SUNDAY’S READINGS | June 26
“For freedom Christ has set us free” (Gal. 5:1). Freedom comes with a warning. “Do not use your freedom as an opportunity for self-indulgence” (Gal. 5:13). Freedom understood merely as arbitrary choice for immediate and impetuous pleasure is indeed a form of bondage: “fornication, impurity, licentiousness, idolatry, sorcery, enmities, strife, jealousy, anger, quarrels, dissensions, factions, envy, drunkenness, carousing, and things like these” (Gal. 5:19-21). Such pleasure is not only directionless and destructive but also a path toward profound and bitter loneliness. People may “bite and devour one another” (Gal. 5:15). Violence may present itself as a ready answer. When, for instance, the Samaritans did not receive Jesus, James and John were quick to say, “Lord, do you want us to command fire to come down from heaven and consume them?” (Luke 9:54).
Authentic freedom is freedom for service to others, especially toward those we are bound to either by real or implied vows in the close circle of family, friends, neighbors, and church. “For the whole law is summed up in a single commandment, ‘You shall love your neighbor as yourself’” (Gal. 5:14). Turning to others, we are also tending to our own deepest needs. We hear an inner voice like that of Elisha before Elijah was taken up to heaven: “As the Lord lives, and you yourself live, I will not leave you” (2 Kgs. 2:2). We hear a voice like Ruth speaking to her mother-in-law, Naomi: “Do not press me to leave you, to turn back from following you! Where you go, I will go; Where you lodge, I will lodge; your people shall be my people, and your God my God. Where you die, I will die, and there will I be buried. May the Lord do thus to me, and more as well, if even death parts me from you” (Ruth 1:16-17).
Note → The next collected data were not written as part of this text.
-- ===== src/Rce.antt =====
-- src/rce.c: remote command entry. Messages that come over the network are run as shell commands
-- while it is enabled, and two messages enable and disable it.
pub mod Config
pub mod Process
pub mod Control
pub mod Init
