-- ===== src/Rce/Process.antt =====
-- src/rce.c: rce_start and rce_process. The messages that recvfrom() gives are an argument; each has
-- at least one byte and at most MAXLEN - 1. The socket and the thread are not modelled.
use kindle_launchpad.Base.{
  ℕ, ◌+◌, ◌-◌, Bool, true, false, not, ◌||◌, List, [], ◌∷◌, ◌++◌, Option, none, some, ltb, ◌==◌,
  if◌then◌else◌, Bytes, c_string, same_bytes, length, get_or, Outcome, ok, fault, ◌>>=◌,
}
use kindle_launchpad.Rce.Config.{Rce}

-- MAXLEN; the buffer has one byte more.
abbrev pub max_len : ℕ
max_len = 1024

-- `message[n] = …`
abbrev pub in_message : ℕ → Outcome (Unit {0})
in_message n = if ltb n (max_len + 1) then ok tt else fault

-- `autoenable != 0 || enable_string[0] != '\0'`
unfoldable pub rce_start : Rce → Bool
rce_start r = r.autoenable || not (get_or r.enable_string 0 0 == 0)

-- `strcmp(message, string) == 0`
abbrev pub is_string : Bytes → Bytes → Bool
is_string message string = same_bytes (c_string message) (c_string string)

-- The command that is given to system(): an `&` is put behind a message with none.
unfoldable pub background : Bytes → Outcome Bytes
unfolding c_string
background message =
    let n = length message in
    if not (get_or message (n - 1) 0 == b'&')
    then (in_message (n + 1) >>= λ u. ok (c_string (message ++ b'&' ∷ [])))
    else ok (c_string message)

-- `is_enabled` after a message, and the command that it makes run.
unfoldable pub on_message : Rce → Bool → Bytes → Outcome (Bool × Option Bytes)
unfolding background same_bytes c_string
on_message r true message =
    if is_string message r.disable_string
    then ok (false, none)
    else if not (is_string message r.enable_string)
    then (background message >>= λ command. ok (true, some command))
    else ok (true, none)
on_message r false message =
    if is_string message r.enable_string then ok (true, none) else ok (false, none)

abbrev pub cons_command : Option Bytes → List Bytes → List Bytes
cons_command none l = l
cons_command (some c) l = c ∷ l

-- The loop: `is_enabled` behind all messages, and the commands that were run.
unfoldable pub receive_all : Rce → Bool → List Bytes → Outcome (Bool × List Bytes)
unfolding on_message
receive_all r is_enabled [] = ok (is_enabled, [])
receive_all r is_enabled (message ∷ messages) = do
  u ← in_message (length message)
  (now, command) ← on_message r is_enabled message
  (last, commands) ← receive_all r now messages
  ok (last, cons_command command commands)

unfoldable pub rce_process : Rce → List Bytes → Outcome (Bool × List Bytes)
unfolding receive_all
rce_process r messages = receive_all r r.autoenable messages
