-- ===== src/Rce/Control.antt =====
-- The loop of rce_process in src/rce.c and the two messages that control it.
use mathlib.Core.List.{append_assoc, append-nil}
use kindle_launchpad.Base.{
  ◌+◌, ◌-◌, ◌<◌, ◌≡◌, ◌≢◌, refl, sym, ap, ◌∙◌, inl, inr, Bool, true, false, List, [], ◌∷◌, ◌++◌,
  Option, none, some, lt→ltb, ◌==◌, if◌then◌else◌, if_true, Bool-cases, Bytes, c_string,
  same_bytes_iff, length, get_or, ok, arith,
}
use kindle_launchpad.Rce.Config.{Rce}
use kindle_launchpad.Rce.Process.{
  max_len, in_message, is_string, background, on_message, cons_command, receive_all, rce_process,
}

-- What a message says of the enabling: `none` for every other message.
unfoldable pub control : Rce → Bytes → Option Bool
control r message =
    if is_string message r.enable_string
    then some true
    else if is_string message r.disable_string
    then some false
    else none

abbrev pub or_else {ℓ} : {A : Type ℓ} → Option A → Option A → Option A
or_else none o = o
or_else (some a) o = some a

-- The last such message of a history.
unfoldable pub last_control : Rce → List Bytes → Option Bool
last_control r [] = none
last_control r (m ∷ seen) = or_else (last_control r seen) (control r m)

abbrev pub switch : Option Bool → Bool → Bool
switch none now = now
switch (some b) now = b

abbrev pub enabled_after : Rce → List Bytes → Bool
enabled_after r seen = switch (last_control r seen) r.autoenable

-- A message as it is run in the background.
abbrev pub command_line : Bytes → Bytes
command_line m = c_string (if get_or m (length m - 1) 0 == b'&' then m else m ++ b'&' ∷ [])

abbrev pub run_if : Bool → Option Bool → Bytes → Option Bytes
run_if true none m = some (command_line m)
run_if _ _ m = none

-- What is run of the messages behind those that are `seen`.
unfoldable pub accepted : Rce → List Bytes → List Bytes → List Bytes
accepted r seen [] = []
accepted r seen (m ∷ ms) =
    cons_command (run_if (enabled_after r seen) (control r m) m) (accepted r (seen ++ m ∷ []) ms)

-- Every message fits in the buffer.
abbrev pub AllFit : List Bytes → Type 0
AllFit [] = Unit
AllFit (m ∷ ms) = (length m < max_len) × AllFit ms

-- The two strings differ.
abbrev pub IsDistinct : Rce → Type 0
IsDistinct r = c_string r.enable_string ≢ c_string r.disable_string

background_lem : (m : Bytes) → length m < max_len → background m ≡ ok (command_line m)
unfolding background
background_lem m lt = ground (arith, lt→ltb (length m + 1) (max_len + 1) (omega arith))

apart :
    (r : Rce) (m : Bytes)
    → IsDistinct r
    → is_string m r.enable_string ≡ true
    → is_string m r.disable_string ≡ false
apart r m d e = elim (Bool-cases (is_string m r.disable_string)) [
  | inl both ↦ absurd (d (sym ((same_bytes_iff _ _).0 e) ∙ (same_bytes_iff _ _).0 both))
  | inr other ↦ other
]

on_message_lem :
    (r : Rce) (now : Bool) (m : Bytes)
    → IsDistinct r
    → length m < max_len
    → on_message r now m ≡ ok (switch (control r m) now, run_if now (control r m) m)
unfolding on_message control
on_message_lem r true m d lt = ground (arith, apart r m d, background_lem m lt)
on_message_lem r false m d lt = ground (arith, apart r m d)

switch-or_else :
    (a b : Option Bool) (now : Bool) → switch (or_else a b) now ≡ switch a (switch b now)
switch-or_else none b now = refl
switch-or_else (some a) b now = refl

or_else_assoc : (a b c : Option Bool) → or_else (or_else a b) c ≡ or_else a (or_else b c)
or_else_assoc none b c = refl
or_else_assoc (some a) b c = refl

last_control-append :
    (r : Rce) (a b : List Bytes)
    → last_control r (a ++ b) ≡ or_else (last_control r b) (last_control r a)
unfolding last_control
last_control-append r [] b = elim (last_control r b) as (λ o. o ≡ or_else o none) [
  | none ↦ refl
  | some x ↦ refl
]
last_control-append r (m ∷ a) b =
    ap (λ o. or_else o (control r m)) (last_control-append r a b)
    ∙ or_else_assoc (last_control r b) (last_control r a) (control r m)

enabled_after-snoc :
    (r : Rce) (seen : List Bytes) (m : Bytes)
    → enabled_after r (seen ++ m ∷ []) ≡ switch (control r m) (enabled_after r seen)
unfolding last_control
enabled_after-snoc r seen m =
    ap (λ o. switch o r.autoenable) (last_control-append r seen (m ∷ []))
    ∙ switch-or_else (control r m) (last_control r seen) r.autoenable

in_message_lem : (m : Bytes) → length m < max_len → in_message (length m) ≡ ok tt
in_message_lem m lt = if_true _ _ (lt→ltb (length m) (max_len + 1) (omega arith))

receive_all_lem :
    (r : Rce) (seen ms : List Bytes)
    → IsDistinct r
    → AllFit ms
    → receive_all r (enabled_after r seen) ms
      ≡ ok (enabled_after r (seen ++ ms), accepted r seen ms)
unfolding receive_all accepted
receive_all_lem r seen [] d fit =
    ap (λ (l : List Bytes). ok (enabled_after r l, [])) (sym (append-nil seen))
receive_all_lem r seen (m ∷ ms) d (lt, fit) =
    let now = switch (control r m) (enabled_after r seen) in
    let rest : receive_all r now ms
        ≡ ok (enabled_after r (seen ++ m ∷ ms), accepted r (seen ++ m ∷ []) ms) =
      ap (λ b. receive_all r b ms) (sym (enabled_after-snoc r seen m))
      ∙ receive_all_lem r (seen ++ m ∷ []) ms d fit
      ∙ ap (λ (l : List Bytes). ok (enabled_after r l, accepted r (seen ++ m ∷ []) ms))
          (append_assoc seen (m ∷ []) ms) in
    rw (in_message_lem m lt, on_message_lem r (enabled_after r seen) m d lt, rest) refl

-- If the two strings differ and every message fits in the buffer, all messages are gone through
-- without a fault. Then whether remote commands are enabled is what the last message that is one of
-- the two strings says, or the setting if there was none; and the messages that were run are those
-- that are none of the two strings and came while it was so enabled, in order, each with an & behind
-- it unless it ends in one.
pub rce_process-accepted :
    (r : Rce) (messages : List Bytes)
    → IsDistinct r
    → AllFit messages
    → rce_process r messages ≡ ok (enabled_after r messages, accepted r [] messages)
unfolding rce_process last_control
rce_process-accepted r messages d fit = receive_all_lem r [] messages d fit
Yearning for connections and meaning, we hear Jesus speak: “I will ask the Father, and he will give you another Advocate, to be with you forever. … I will not leave you orphaned; I am coming to you” (John 14:16, 18). The Advocate comes, bearing a tangled web of relationships, obligations, duties, sorrows, and joys that make up our lives. The Advocate within us connects us to others. Even the most solitary monk in his small cell, with his little cup of water and portion of bread, cannot be himself unless his heart and hands are the instruments of service to the world. In some sense, it is good to be alone. Go to your room, shut the door, and pray. But it is not good to be utterly alone. We need companions on the way because we are only persons in a community of other persons. Thus, Jesus says, “As the Father has sent me, so I send you” (John 20:21).
We need other people, but not only other people. Jesus came for the life of the world, for the whole creation. With the eyes of faith, we see and feel the works of the Lord, mighty deeds, works of wonder, the water, the sky, lightning, earth, everything radiant with divine presence (Ps. 77:11-18). In the exquisite words of Thomas Traherne, “You never enjoy the world aright, till the Sea itself floweth in your veins, till you are clothed with the heavens, and crowned with the stars: and perceive yourself to be the sole heir of the whole world, and more than so, because men are in it who are every one sole heirs as well as you” (Centuries).
Nature and people are the sacramentals of a well-formed and mature Christian life.
Look It Up: Acts 2:44
Think About It: All who believed were together and had all things in common.